Saved data entries:
━━━━━━━━

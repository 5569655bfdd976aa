-- ===== src/Transport/AddressMaps/Tests.antt =====
-- A section with a service of either version of IP.
use libaribtlv.Base.{◌≡◌, refl, arith, true, false, [], ◌∷◌}
use libaribtlv.Transport.Data.{give}
use libaribtlv.Transport.AddressMaps.{parse_address_map}
use libaribtlv.Transport.AddressMaps.Services.{Service, services_of}
use libaribtlv.Transport.AddressMaps.RoundTrip.{
  Section, IsSent, write_section, parse_address_map-write,
}

abbrev old_service : Service
old_service = record {
  id = 1024;
  six = false;
  source = 192 ∷ 168 ∷ 1 ∷ 2 ∷ [];
  source_prefix = 32;
  destination = 224 ∷ 0 ∷ 0 ∷ 9 ∷ [];
  destination_prefix = 24;
  private_bytes = 5 ∷ [];
}

abbrev new_service : Service
new_service = record {
  id = 101;
  six = true;
  source = 32 ∷ 1 ∷ 13 ∷ 184 ∷ 0 ∷ 0 ∷ 0 ∷ 0 ∷ 0 ∷ 0 ∷ 0 ∷ 0 ∷ 0 ∷ 0 ∷ 0 ∷ 1 ∷ [];
  source_prefix = 128;
  destination = 255 ∷ 14 ∷ 0 ∷ 0 ∷ 0 ∷ 0 ∷ 0 ∷ 0 ∷ 0 ∷ 0 ∷ 0 ∷ 0 ∷ 0 ∷ 0 ∷ 0 ∷ 2 ∷ [];
  destination_prefix = 64;
  private_bytes = [];
}

abbrev both : Section
both = record {
  extension = 0;
  version = 3;
  current = true;
  number = 0;
  last = 1;
  services = old_service ∷ new_service ∷ [];
  checksum = 1 ∷ 2 ∷ 3 ∷ 4 ∷ [];
}

both-IsSent : IsSent both
both-IsSent = record {
  extension_fits = omega arith;
  version_fits = omega arith;
  in_order = omega arith;
  last_fits = omega arith;
  services_fit = omega arith;
  are_services = (
    record {
      id_fits = omega arith;
      source_width = refl;
      destination_width = refl;
      source_fits = omega arith;
      destination_fits = omega arith;
      loop_fits = omega arith;
    },
    (
      record {
        id_fits = omega arith;
        source_width = refl;
        destination_width = refl;
        source_fits = omega arith;
        destination_fits = omega arith;
        loop_fits = omega arith;
      },
      tt,
    ),
  );
  checksum_width = refl;
}

parse_address_map-write_example :
    parse_address_map (write_section both) 188
    ≡ give (record {
      table_id_extension = 0;
      version = 3;
      current_next = true;
      section_number = 0;
      last_section_number = 1;
      services = services_of both.services;
      input_offset = 188;
    })
parse_address_map-write_example = parse_address_map-write 188 both both-IsSent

━━━━━━━━

_WORK ORDER_. Among the lines above, find each one containing the string "AddressMaps" and copy it.

_EXERCISE RESULT_.
-- ===== src/Transport/AddressMaps/Tests.antt =====
use libaribtlv.Transport.AddressMaps.{parse_address_map}
use libaribtlv.Transport.AddressMaps.Services.{Service, services_of}
use libaribtlv.Transport.AddressMaps.RoundTrip.{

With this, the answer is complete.